Infección

El triunfo de la Muerte, Pieter Bruegel el Viejo, (1562-1563)

No hay duda, solo se quieren morir los que se suicidan y no siempre, poniendo o imponiendo barreras queremos evitarlo, el precursor es invisible, todos y prácticamente cualquier cosa lo transporta, lo transmite, la distancia es necesaria e imposible… La autoridad quiere imponer la máscara en el espacio público para protegernos, pero no hay distancia para la economía, hay que «producir», los que tienen que ir al trabajo no son todos, los que se exponen a enfermar tampoco, son las paradojas que impone la “nueva normalidad”. No había duda de que la “normalidad” impuesta en nuestras vidas era el problema, que difícilmente podíamos cambiar sin ruptura y la ruptura vino, como tantas otras cosas, desde la entrañas de la misma normalidad. Vivimos siempre al borde del abismo, de la catástrofe, de la tragedia propia y ajena, a sus espaldas, a sus pies. Nos hablan de unos cuantos miles de muertos sin contar los millones que son ignorados, victimas también de nuestra normalidad que nos envuelve y nos consume. No hace falta relatar la magnitud de la devastación, la conocemos bien, vivimos en ella, de ella, para ella.
La noticia es la “Verdad” de la normalidad que nos habla de la “nueva” que necesariamente ha de venir, seguramente mejor adaptada a sus viejas necesidades, romper con ellas para acabar con las causas, poner fin al desastre, evitar el hundimiento no es fácil, cuando nuestras necesidades dependen de ello, mal vender nuestro tiempo en tiempos de crisis (de la explotación) socava la posibilidad de la emancipación. En realidad, la continuidad depende de la capacidad de mantenernos confinados en el capitalismo.

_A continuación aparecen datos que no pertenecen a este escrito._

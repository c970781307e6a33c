-- ===== src/Netrom/Mine.antt =====
-- ax25tools/netrom/netromt.c: `build_mine`, the broadcast of the further ports of this node. A line of
-- the file of ports is what `nr_config_get_addr` and `nr_config_get_alias` say of its port.
use linuxax.Prelude.{
  ℕ, suc, ◌+◌, ◌*◌, ◌≤◌, ◌≡◌, ◌↔◌, refl, true, false, ◌||◌, if◌then◌else◌, List, [], ◌∷◌, ◌++◌,
  Option, none, some, length, length-append, All, arith, ltb, same, Bool-cases, inl, inr,
}
use linuxax.Address.Text.{ax25_aton_entry}
use linuxax.Address.Text.Entry.{ax25_aton_entry-length}
use linuxax.Netrom.{callsign_len, mnemonic_len, Entry, put_entry}
use linuxax.Netrom.Entries.{length-put_entry}
use linuxax.Netrom.Transmit.{build_header}
use linuxax.Netrom.Transmit.Chunks.{length-header}

pub record PortLine : Type 0 where
  pub addr : Option (List ℕ)
  pub alias : List ℕ

-- How far `strcpy` and `strncat` write behind the start of a mnemonic, the 0 byte included: of an alias
-- of more than six characters, `MNEMONIC_LEN - strlen` is a huge `size_t`, and all seven blanks follow.
-- What is written behind the six bytes is overwritten or not sent.
unfoldable pub alias_end : List ℕ → ℕ
alias_end alias = if ltb mnemonic_len (length alias) then length alias + 8 else 7

-- The loop over the ports: the message, `some none` if it is given up. `none` is a write past the
-- 100 bytes of the buffer, or bytes that `ax25_aton_entry` has not written.
unfoldable pub mine_from :
    (main_addr : List ℕ) (localval : ℕ) (message : List ℕ)
    → List PortLine
    → Option (Option (List ℕ))
unfolding alias_end
mine_from main_addr localval message [] = some (some message)
mine_from main_addr localval message (p ∷ ps) = elim p.addr [
  | none ↦ mine_from main_addr localval message ps
  | some addr ↦ elim (same addr main_addr) [
    | true ↦ mine_from main_addr localval message ps
    | false ↦ elim (ax25_aton_entry addr) [
      | none ↦ some none
      | some callsign ↦ elim (ax25_aton_entry main_addr) [
        | none ↦ none
        | some own ↦
            let entry : Entry = record {
              callsign = callsign;
              mnemonic = p.alias;
              best_neighbour = own;
              best_quality = localval;
            } in
            let alias_over = ltb 100 (length message + callsign_len + alias_end p.alias) in
            elim (alias_over || ltb 100 (length (message ++ put_entry entry))) [
              | true ↦ none
              | false ↦ mine_from main_addr localval (message ++ put_entry entry) ps
            ]
      ]
    ]
  ]
]

pub build_mine :
    (main_alias main_addr : List ℕ) (localval : ℕ) → List PortLine → Option (Option (List ℕ))
unfolding mine_from alias_end
build_mine main_alias main_addr localval ps =
    if ltb 100 (1 + alias_end main_alias)
    then none
    else mine_from main_addr localval (build_header main_alias) ps

module _ (main_addr : List ℕ) where
  -- A port that has an entry of its own in the broadcast.
  pub record IsFurther (p : PortLine) : Type 0 where
    pub name : List ℕ
    pub call : List ℕ
    pub named : p.addr ≡ some name
    pub other : same name main_addr ≡ false
    pub read : ax25_aton_entry name ≡ some call
    pub short : length p.alias ≤ 15

  abbrev pub Sends : Option (Option (List ℕ)) → Type 0
  Sends o = (message : List ℕ) × (o ≡ some (some message))

  module _ (own : List ℕ) (known : ax25_aton_entry main_addr ≡ some own) (localval : ℕ) where
    mine_from-Sends_iff :
        (ps : List PortLine) (message : List ℕ) (k : ℕ)
        → All IsFurther ps
        → length message ≡ 7 + 21 * k
        → k ≤ 4
        → Sends (mine_from main_addr localval message ps) ↔ (k + length ps ≤ 4)
    unfolding mine_from alias_end
    mine_from-Sends_iff [] message k h size few = ((λ s. omega arith), (λ le. (message, refl)))
    mine_from-Sends_iff (p ∷ ps) message k h size few =
        let one = h.0 in
        let entry : Entry = record {
          callsign = one.call;
          mnemonic = p.alias;
          best_neighbour = own;
          best_quality = localval;
        } in
        let longer : length (message ++ put_entry entry) ≡ 7 + 21 * suc k = omega (
          arith,
          size,
          length-append message (put_entry entry),
          length-put_entry entry (ax25_aton_entry-length one.name one.call one.read)
              (ax25_aton_entry-length main_addr own known),
        ) in
        let over_end = ltb 100 (length message + callsign_len + alias_end p.alias) in
        elim (Bool-cases (over_end || ltb 100 (length (message ++ put_entry entry)))) [
          | inl over ↦
              let full : 4 ≤ k = ground (arith, over, longer, size, one.short, few) in
              rw (one.named, one.other, one.read, known, over, mine_from)
                ((λ s. absurd (let bad = s.1 in cc)), (λ le. absurd (omega (arith, full, le))))
          | inr fits ↦
              let next : suc k ≤ 4 = ground (arith, fits, longer) in
              let deep =
                mine_from-Sends_iff ps (message ++ put_entry entry) (suc k) h.1 longer next in
              rw (one.named, one.other, one.read, known, fits, mine_from)
                ((λ s. omega (arith, deep.0 s)), (λ le. deep.1 (omega (arith, le))))
        ]

    -- Where every line is a port of its own, with an address that can be read and is not that of the
    -- first port, whose address can be read too, with an alias of up to 15 characters, and the alias of
    -- the first port has up to 91: `build_mine` sends a message, with no write outside its buffer,
    -- exactly if there are at most four such ports.
    pub build_mine-Sends_iff :
        (main_alias : List ℕ) (ps : List PortLine)
        → length main_alias ≤ 91
        → All IsFurther ps
        → Sends (build_mine main_alias main_addr localval ps) ↔ (length ps ≤ 4)
    unfolding build_mine alias_end
    build_mine-Sends_iff main_alias ps short h =
        let header_fits : ltb 100 (1 + alias_end main_alias) ≡ false = ground (arith, short) in
        let iff =
          mine_from-Sends_iff ps (build_header main_alias) 0 h (length-header main_alias 0 [])
            (omega arith) in
        rw (header_fits) ((λ s. omega (arith, iff.0 s)), (λ le. iff.1 (omega (arith, le))))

Durante el encierro, la propaganda del miedo ha reforzado el confinamiento y la “distancia social”, el miedo al contagio, a la infección, a la enfermedad y a la muerte han impuesto la reclusión sin apenas oposición, hay que de salvar la vida.
El capitalismo interpreta con naturalidad su confinamiento, representando de manera no histórica la única manera posible de vivir, la manera en que se reproduce el capitalismo, la condición necesaria de la que depende su existencia, cada vez expresada de modo más totalitario y en ostensible contradicción con la reproducción social. Al fin y al cabo, se trata de la apropiación de la vida, de su dominio y explotación y su contrapartida, el incremento de la desposesión, la exclusión, la amenaza biológica, un macabro etc. Esta vez ha sido un virus, pero justo antes fue la Gran Recesión, la apropiación legalizada del poder y la riqueza, la destrucción continuada de la naturaleza, el fin del progreso, de un horizonte colectivo, sostenible. Solo se le puede añadir lo “nuevo” por venir, el aumento de las horas de trabajo no pagadas, los despidos, la caída de los salarios y las pensiones, la inflación o la deflación, el aumento de la precariedad y la pobreza, del hambre y la penuria, la militarización, la prolongación de la guerra, la social, la fría, la imperialista.
Aquello que la mayoría ha dejado de hacer para preservar la vida, demostrando que no es esencial y que a pesar de las condiciones que imponía el encierro era posible un uso diferente del tiempo debe volver a ser sometido al imperativo de la ganancia, la suspensión colectiva de la producción que ha acarreado la pandemia debe ser disuelta por el imperativo de la continuidad del sistema de explotación individual. Rápidamente la unidad del miedo debe ser superada sin otra reflexión, sin más dilación, sin cuestionamiento por la fuerza de los intereses particulares expresados en las manifestaciones de la pequeña burguesía acomodada que, sintiéndose segura y alejada del contagio, reclama la vuelta a la nueva normalidad y la restauración de las libertades capitalistas y sus privilegios.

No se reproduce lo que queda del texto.